Middle Eastern companies registered a significant surge in their innovation strategy
Accenture Middle East Innovation Maturity Index 2021 has found that Middle Eastern companies registered a significant surge in their innovation strategy scores as businesses reviewed their strategies due to COVID-19. However, despite the pandemic opening doors to embrace new ways of working and doing business, there was only a marginal uptake in companies reimagining themselves, reflected by a 1 percent increase in the overall index score. This signifies the regional dichotomy between a culture that sets companies up to innovate new ways of working enabled by technology and traditional ways of doing business, which often requires a physical presence.
The report surveyed C-level executives from 200 large companies in the UAE and Saudi Arabia between August and October 2020 to understand the extent of the region’s innovation maturity at present. The report found that 67 percent of Middle East executives indicate that they have taken measures to modernize their existing technology infrastructure – moving from data servers to cloud storage – in the past five years. In the next five years, this figure is poised to increase to 86 percent.
Xavier Anglada, Accenture’s Strategy and Consulting and Innovation lead in the Middle East added: “This year, we found that 14 percent of companies that embedded the innovation framework within their businesses were able to deepen their innovation investments intensity through adhering to actions that govern their innovation efforts. We refer to them as ‘Innovation Champions’. During the last five years, extensive governance earned these champions 27 percent higher profitability than their peers. In the coming five years, these companies can expect that rate to more than double to 58 percent and experience even higher employee productivity by continuing to practice meticulous innovation governance.”

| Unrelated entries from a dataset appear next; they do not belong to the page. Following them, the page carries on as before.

-- ===== src/Startup/Ready.antt =====
-- What is known of a broker that serves.
use osb_opengauss_go.Prelude.{ℕ, ◌≡◌, ◌≢◌, refl, subst, ap, [], codes}
use osb_opengauss_go.Result.{Result, ok, err, ok-injective, map_err-eq-ok}
use osb_opengauss_go.Exec.{lift, relabel, bind-eq-ok}
use osb_opengauss_go.World.{World}
use osb_opengauss_go.Encrypt.{Encryptor, new_encryptor}
use osb_opengauss_go.Encrypt.RoundTrip.{IsFaithful, new_encryptor-IsFaithful}
use osb_opengauss_go.Config.{load_config}
use osb_opengauss_go.Config.Checked.{IsChecked, load_config-IsChecked}
use osb_opengauss_go.Plans.{load_catalog}
use osb_opengauss_go.Plans.Checked.{
  IsNamed, AreOffered, load_catalog-AreOffered, load_catalog-IsNamed,
}
use osb_opengauss_go.State.Open.{open_store}
use osb_opengauss_go.State.Open.Files.{IsPrivate, open_store-IsPrivate, open_store-encryptor}
use osb_opengauss_go.Startup.{
  Platform, Exit, Opened, HttpServer, serving, must, open_all, rotate_at_start, new_broker,
  http_server, rotated_started, opened_started, world_of, main,
}

module _ {D C F I B S R : Type 0} (p : Platform D C F I B S R) where
  -- what main has built before it looks at the stored bindings
  pub record Built (d : D) (o : Opened F I B R) : Type 0 where
    pub load : load_config p.environment ≡ ok o.cfg
    pub parse : load_catalog p.toml o.cfg.plans_file ≡ ok o.catalog
    pub encryptor : Encryptor R
    pub encrypt : new_encryptor p.gcm p.source o.cfg.encryption_key ≡ ok encryptor
    pub opening : (open_store p.host o.cfg p.json encryptor d).0 ≡ ok o.store
    pub behind : (open_all p d).1 ≡ (open_store p.host o.cfg p.json encryptor d).1

  open_all_host :
      (d : D) (o : Opened F I B R) (encryptor : Encryptor R)
      → load_config p.environment ≡ ok o.cfg
      → load_catalog p.toml o.cfg.plans_file ≡ ok o.catalog
      → new_encryptor p.gcm p.source o.cfg.encryption_key ≡ ok encryptor
      → (open_store p.host o.cfg p.json encryptor d).0 ≡ ok o.store
      → (open_all p d).1 ≡ (open_store p.host o.cfg p.json encryptor d).1
  unfolding open_all
  open_all_host d o encryptor load parse encrypt opening = rw (load, parse, encrypt, opening)

  pub open_all-Built : (d : D) (o : Opened F I B R) → (open_all p d).0 ≡ ok o → Built d o
  unfolding open_all
  open_all-Built d o h =
      let (cfg, loaded, h1) =
        bind-eq-ok
          (lift (must (codes "invalid configuration") (λ e. e) (load_config p.environment))) _ d
          h in
      let load = map_err-eq-ok _ (load_config p.environment) loaded in
      let (data', parsed, h2) =
        bind-eq-ok
          (lift (must (codes "invalid catalog file") (λ e. e) (load_catalog p.toml cfg.plans_file)))
          _ d h1 in
      let parse = map_err-eq-ok _ (load_catalog p.toml cfg.plans_file) parsed in
      let (encryptor, made, h3) =
        bind-eq-ok
          (lift (
            must (codes "invalid encryption key") (λ e. e)
              (new_encryptor p.gcm p.source cfg.encryption_key)))
          _ d h2 in
      let encrypt = map_err-eq-ok _ (new_encryptor p.gcm p.source cfg.encryption_key) made in
      let (store, opened, h4) =
        bind-eq-ok
          (relabel (λ e. (codes "cannot open state file", e))
            (open_store p.host cfg p.json encryptor))
          _ d h3 in
      let opening = map_err-eq-ok _ (open_store p.host cfg p.json encryptor d).0 opened in
      subst (Built d) (ok-injective h4) (record {
        load = load;
        parse = parse;
        encryptor = encryptor;
        encrypt = encrypt;
        opening = opening;
        behind =
            open_all_host d (record { cfg = cfg; catalog = data'; store = store }) encryptor load
              parse encrypt opening;
      })

  same_serving :
      (a b : HttpServer F I B S R) (v w : World I B S R)
      → serving a v ≡ serving b w
      → (b ≡ a) × (v ≡ w)
  same_serving a b v w h = (cc, cc)

  rotated-eq-serving :
      (o : Opened F I B R) (q : Result Exit ℕ × World I B S R) (server : HttpServer F I B S R)
      (w : World I B S R)
      → rotated_started p o q ≡ serving server w
      → (n : ℕ) × (q ≡ (ok n, w)) × (server ≡ http_server p o)
  unfolding rotated_started
  rotated-eq-serving o (err e, v) server w h = absurd cc
  rotated-eq-serving o (ok n, v) server w h =
      let (server_same, world_same) = same_serving (http_server p o) server v w h in
      (n, ap (λ (x : World I B S R). (ok n, x)) world_same, server_same)

  opened-eq-serving :
      (s : S) (r : R) (q : Result Exit (Opened F I B R) × D) (server : HttpServer F I B S R)
      (w : World I B S R)
      → opened_started p s r q ≡ serving server w
      → (o : Opened F I B R) × (n : ℕ) × (q.0 ≡ ok o)
        × (rotate_at_start p o.cfg o.store (world_of p q.1 s r) ≡ (ok n, w))
        × (server ≡ http_server p o)
  unfolding opened_started
  opened-eq-serving s r (err e, d) server w h = absurd cc
  opened-eq-serving s r (ok o, d) server w h =
      let (n, rotated, same) = rotated-eq-serving o _ server w h in (o, n, refl, rotated, same)

  -- Inversion of a start that ends in serving.
  pub main-eq-serving :
      (d : D) (s : S) (r : R) (server : HttpServer F I B S R) (w : World I B S R)
      → main p d s r ≡ serving server w
      → (o : Opened F I B R) × (n : ℕ) × ((open_all p d).0 ≡ ok o)
        × (rotate_at_start p o.cfg o.store (world_of p (open_all p d).1 s r) ≡ (ok n, w))
        × (server ≡ http_server p o)
  unfolding main
  main-eq-serving d s r server w h = opened-eq-serving s r (open_all p d) server w h

  -- what holds of a server that main starts, which it has opened the store for on the host `d`
  pub record IsReady (d : D) (server : HttpServer F I B S R) : Type 0 where
    pub checked : IsChecked server.broker.cfg
    pub service : IsNamed server.broker.catalog.service
    pub some_plan : server.broker.catalog.plans ≢ []
    pub offered : AreOffered server.broker.catalog.plans
    pub faithful : IsFaithful server.broker.store.encryptor
    pub password : server.password ≢ []
    pub restricted :
        server.broker.cfg.state_dsn ≡ [] → IsPrivate p.host server.broker.cfg d (open_all p d).1

  Built-IsReady : (d : D) (o : Opened F I B R) → Built d o → IsReady d (http_server p o)
  unfolding http_server new_broker
  Built-IsReady d o built =
      let checked = load_config-IsChecked p.environment o.cfg built.load in
      let (uuid, some_plan, offered) =
        load_catalog-AreOffered p.toml o.cfg.plans_file o.catalog built.parse in
      record {
        checked = checked;
        service = load_catalog-IsNamed p.toml o.cfg.plans_file o.catalog built.parse;
        some_plan = some_plan;
        offered = offered;
        faithful =
            rw (open_store-encryptor p.host o.cfg p.json built.encryptor d o.store built.opening) (
              new_encryptor-IsFaithful p.gcm p.source o.cfg.encryption_key built.encryptor
                built.encrypt);
        password = checked.password;
        restricted = λ empty. rw built.behind (
            open_store-IsPrivate p.host o.cfg p.json built.encryptor d o.store empty built.opening);
      }

  -- Where main comes to serve: the settings have passed their checks; the catalog's service has a
  -- UUID, a name and a description; there are plans, each with a UUID, a name, a description and
  -- quotas of at least 1, no two with the same id or name; the interface has a password; the
  -- encryptor reads what it writes; and without a STATE_DSN the two tables were created in the file
  -- of the settings, which then got the permissions of its owner to read and write, and no others.
  pub main-IsReady :
      (d : D) (s : S) (r : R) (server : HttpServer F I B S R) (w : World I B S R)
      → main p d s r ≡ serving server w
      → IsReady d server
  main-IsReady d s r server w h =
      let (o, n, opened, rotated, same) = main-eq-serving d s r server w h in
      rw same (Built-IsReady d o (open_all-Built d o opened))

The 2021 maturity index featured a framework designed to measure the enterprises’ innovation maturity capability across industries within two overarching pillars. The first, ‘Innovate by Design’, measures how companies build the foundational governance structures to facilitate innovation by defining an innovation strategy, instilling a culture of innovation, and creating an innovation architecture. The second, ‘Innovation Practices’, measures seven innovation practices that companies embed in their operations to thrive.
For companies to deepen the impact of their innovation and make greater strides in their business transformation, Accenture recommends that they should:
Inspire: Lay the groundwork and create the environment within the organization for innovation. Innovation needs to be at the centre of corporate strategy and built into the business culture, everyday processes, and decisions.
Ideate: Generate the ideas upon which innovation of all kinds (incremental, breakthrough, and disruptive) is built. This requires putting formal structures in place to encourage and ensure ideation by, among others, the customer-facing workforce, new product development teams, and within ecosystems with partners.
Experiment: Validate, test, and iteratively develop ideas or innovations, investment in experimentation is essential. Companies may approach this in different ways—as part of the budgeting cycle, via investment that may start with seed funding, or by investing in an innovation lab or digital factory.
Scale: Working with the right ecosystem partners can accelerate the scaling of the most promising ideas.